2019-12-30T20:14:15.688Z info hostd[2099523] [Originator@6876 sub=Libs opID=5c5015c6] NetstackInstanceImpl: congestion control algorithm: newreno
2019-12-30T20:14:17.566Z info hostd[2098897] [Originator@6876 sub=Vimsvc.TaskManager opID=sps-Main-65991-131-73-3a-15dc user=vpxuser:JVNET.LOCAL\vpxd-extension-fb0a6774-4559-4040-a1e8-ed7b2a05ec83] Task Created : haTask--vim.vslm.host.CatalogSyncManager.queryCatalogChange-539196836
2019-12-30T20:14:17.567Z info hostd[2099521] [Originator@6876 sub=Default opID=sps-Main-65991-131-73-3a-15dc user=vpxuser:JVNET.LOCAL\vpxd-extension-fb0a6774-4559-4040-a1e8-ed7b2a05ec83] Transfer to exception eraro code: 403, message:
2019-12-30T20:14:17.568Z info hostd[2099521] [Originator@6876 sub=Default opID=sps-Main-65991-131-73-3a-15dc user=vpxuser:JVNET.LOCAL\vpxd-extension-fb0a6774-4559-4040-a1e8-ed7b2a05ec83] AdapterServer caught exception: N3Vim5Fault8NotFound9ExceptionE(Fault cause: vim.fault.NotFound
--> )

veldthui · ‎12-30-2019

I just did a esxcli network nic get -n vmnic4 and the output is below. It says Pause RX: true and Pause TX: true.

Does this mean that something has paused the NIC and if so how do I unpause it?

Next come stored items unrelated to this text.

-- ===== src/Db/State/Kept.antt =====
-- The steps of internal/db/db.go keep the invariant of the database's state.
use hypha_db.Base.{
  ℕ, ◌+◌, ◌^◌, ◌≤◌, ◌<◌, ◌≡◌, refl, sym, ap, ◌∙◌, subst, true, false, List, [], ◌∷◌, arith, All,
  All-append, ok, ok-injective,
}
use hypha_db.Base.Text.{Text}
use hypha_db.Record.{Record}
use hypha_db.Memtable
use hypha_db.Memtable.{MemTable, new}
use hypha_db.Db.Reads.{Lookup}
use hypha_db.Db.State.Committed.{commit_records-IsDatabase}
use hypha_db.Db.State.Steps.{batch_applied, apply_batch-cases}
use hypha_db.Db.State.Steps.{
  Step, Steps, put_called, delete_called, flush_began, flush_abandoned, flush_published,
  snapshot_taken, snapshot_released, no_step, step_then, rotate_memtable-cases, log_record-cases,
  put-cases, delete-cases, new_snapshot-cases,
}
use hypha_db.Db.State.{
  Database, Outside, Immutable, signal_flush, seal_memtable, rotate_memtable, memtable_put,
  log_record, new_record, begin_flush, abandon_flush, drop_flushed, publish_flush, new_snapshot,
  close_snapshot,
}
use hypha_db.Db.State.Valid.{
  IsDatabase, memtable_put-IsDatabase, seal_memtable-IsDatabase, start_memtable-IsDatabase,
}

drop_flushed_first :
    (imm : Immutable) (rest : List Immutable) → drop_flushed imm (imm ∷ rest) ≡ rest
unfolding drop_flushed
drop_flushed_first imm rest = ground arith

-- What a table that is published leaves of the immutable memtables.
pub drop_flushed-first :
    (imm : Immutable) (rest imms : List Immutable)
    → imms ≡ imm ∷ rest
    → drop_flushed imm imms ≡ rest
drop_flushed-first imm rest imms first = ap (drop_flushed imm) first ∙ drop_flushed_first imm rest

module _ {E : Type 0} where
  pub rotate_memtable-IsDatabase :
      (out : Outside E) (db : Database E) → IsDatabase db → IsDatabase (rotate_memtable out db).1
  unfolding signal_flush
  rotate_memtable-IsDatabase out db h =
      let unopened = seal_memtable-IsDatabase db h in
      let started = start_memtable-IsDatabase (seal_memtable db) unopened in
      rotate_memtable-cases out db IsDatabase unopened started (record {
        lists = started.lists;
        active = started.active;
        sealed = started.sealed;
        older = started.older;
        older_tables = started.older_tables;
      })

  log_record-IsDatabase :
      (out : Outside E) (rec : Record) (db : Database E)
      → IsDatabase db
      → 0 < out.new_level
      → out.new_level ≤ 16
      → rec.seq ≡ db.next_seq
      → db.next_seq + 1 < 2 ^ 64
      → IsDatabase (log_record out rec db).1
  log_record-IsDatabase out rec db h some_level fits number room =
      let applied = memtable_put-IsDatabase out.new_level rec db h some_level fits number room in
      log_record-cases out rec db IsDatabase h applied
        (rotate_memtable-IsDatabase out (memtable_put out.new_level rec db) applied)

  publish_flush-IsDatabase :
      (imm : Immutable) (rest : List Immutable) (table : Lookup E) (db : Database E)
      → IsDatabase db
      → db.immutables ≡ imm ∷ rest
      → ((key : Text) (seq : ℕ)
          → table key seq ≡ ok (Memtable.get_at (db.memtables imm.mem) key seq))
      → IsDatabase (publish_flush imm table db)
  unfolding publish_flush
  publish_flush-IsDatabase imm rest table db h first answers = record {
    lists = h.lists;
    active = h.active;
    sealed =
        subst (All (λ x. x.mem < db.allocated))
          (sym (drop_flushed-first imm rest db.immutables first))
          (subst (All (λ x. x.mem < db.allocated)) first h.sealed).1;
    older = h.older;
    older_tables =
        All-append _ db.tables _ h.older_tables (
          (λ key seq r e. h.older imm.mem key seq r (ok-injective (sym (answers key seq) ∙ e))),
          tt,
        );
  }

  -- The fields that the invariant is about, in two states.
  abbrev pub SameData : Database E → Database E → Type 0
  SameData db db' =
      (db'.memtables ≡ db.memtables)
      × (db'.allocated ≡ db.allocated)
      × (db'.memtable ≡ db.memtable)
      × (db'.immutables ≡ db.immutables)
      × (db'.next_seq ≡ db.next_seq)
      × (db'.tables ≡ db.tables)

  SameData-IsDatabase : (db db' : Database E) → IsDatabase db → SameData db db' → IsDatabase db'
  SameData-IsDatabase db db' h (mems, count, at, imms, seq, tabs) = record {
    lists = rw mems h.lists;
    active = rw (at, count) h.active;
    sealed = rw (imms, count) h.sealed;
    older = rw (mems, seq) h.older;
    older_tables = rw (tabs, seq) h.older_tables;
  }

  -- A step keeps the invariant.
  pub Step-IsDatabase : {db db' : Database E} → Step db db' → IsDatabase db → IsDatabase db'
  unfolding new_record begin_flush abandon_flush new_snapshot close_snapshot
  Step-IsDatabase {db = db} (put_called out key value some_level fits room) h =
      put-cases out key value db IsDatabase h
        (log_record-IsDatabase out (new_record key value false db) db h some_level fits refl room)
  Step-IsDatabase {db = db} (delete_called out key some_level fits room) h =
      delete-cases out key db IsDatabase h
        (log_record-IsDatabase out (new_record key [] true db) db h some_level fits refl room)
  Step-IsDatabase {db = db} (batch_applied out levels operations fit room) h =
      let applied = commit_records-IsDatabase levels operations db fit h room in
      apply_batch-cases out levels operations db IsDatabase h applied
        (rotate_memtable-IsDatabase out _ applied)
  Step-IsDatabase {db = db} flush_began h =
      SameData-IsDatabase db (begin_flush db).1 h (refl, refl, refl, refl, refl, refl)
  Step-IsDatabase {db = db} (flush_abandoned id) h =
      SameData-IsDatabase db (abandon_flush id db) h (refl, refl, refl, refl, refl, refl)
  Step-IsDatabase {db = db} (flush_published imm rest table first answers) h =
      publish_flush-IsDatabase imm rest table db h first answers
  Step-IsDatabase {db = db} snapshot_taken h =
      new_snapshot-cases db IsDatabase h
        (SameData-IsDatabase db _ h (refl, refl, refl, refl, refl, refl))
  Step-IsDatabase {db = db} (snapshot_released sequence) h =
      SameData-IsDatabase db (close_snapshot sequence db) h (refl, refl, refl, refl, refl, refl)

  -- Writes, deletions, batches, rotations, flushes and snapshots keep the invariant: the memtables are well
  -- formed skip lists at addresses that were allocated, and every version in a memtable or a table
  -- has a sequence below the next one.
  pub Steps-IsDatabase : {db db' : Database E} → Steps db db' → IsDatabase db → IsDatabase db'
  Steps-IsDatabase (no_step db) h = h
  Steps-IsDatabase (step_then step steps) h = Steps-IsDatabase steps (Step-IsDatabase step h)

[root@esxi67:~] esxcli network nic get -n vmnic4
   Advertised Auto Negotiation: true
   Advertised Link Modes: 1000None/Half, 1000None/Full, 10000None/Half, 10000None/Full, 40000None/Half, 40000None/Full, Auto
   Auto Negotiation: false
   Cable Type:
   Current Message Level: -1
   Driver Info:
         Bus Info: 0000:06:00:0
         Driver: nmlx4_en
         Firmware Version: 2.11.500
         Version: 3.17.13.1
   Link Detected: true
   Link Status: Up by explicit linkSet
   Name: vmnic4
   PHYAddress: 0
   Pause Autonegotiate: false
   Pause RX: true
   Pause TX: true
   Supported Ports:
   Supports Auto Negotiation: true
   Supports Pause: true
   Supports Wakeon: false
   Transceiver: external
   Virtual Address: 00:50:56:5b:ad:25
   Wakeon: None
[root@esxi67:~]

veldthui · ‎12-30-2019

Okay it looks like it is a driver issue. After much more searching and reading I found a knowledge base article detailing the issue. Last updated 21 October. Resolution says:

Symptoms

An ESXi host is experiencing full traffic loss
All Virtual Machine traffic using a Mellanox adapter stops
Mellanox adapter driver is in use nmlx4_en 3.15.11.6 and 3.16.11.6 and 3.17.13.1
Traffic is not passing over a Mellanox adapter but the link status shows as active
Both the vmkernel and VMs go unresponsive on the network.
Network Card MT27500 Family [ConnectX-3 and ConnectX-3 Pro Devices]

Cause

This is a driver related issue.

Impact / Risks

All network traffic can be lost when using this adapter and driver combination.

Resolution

This issue is resolved in later versions of the driver.
nmlx4_en 3.15.11.10 (6.0 driver)
nmlx4_en 3.16.11.10 (6.5 driver) or new releases (6.7 driver)

My current version is 3.17.13.1 so is clearly affected by this. The resolution says to use a later driver than 3.16.11.10 which clearly I am so it does not make sense.

One work around suggested was to downgrade the driver to 3.15.5.5. I have a BIOS/Firmware update to do on my server so if it is still having issues after that may try that.

Link to the knowledge base article is https://kb.vmware.com/s/article/60421?lang=en_US

veldthui · ‎12-30-2019

In light of the issue and it looks like it has been going on a while with no fix I am going to change the network card out with one that uses the Intel chipset.

My HPe is using 10GbE intel chipset and not having any issue so will swap the card out.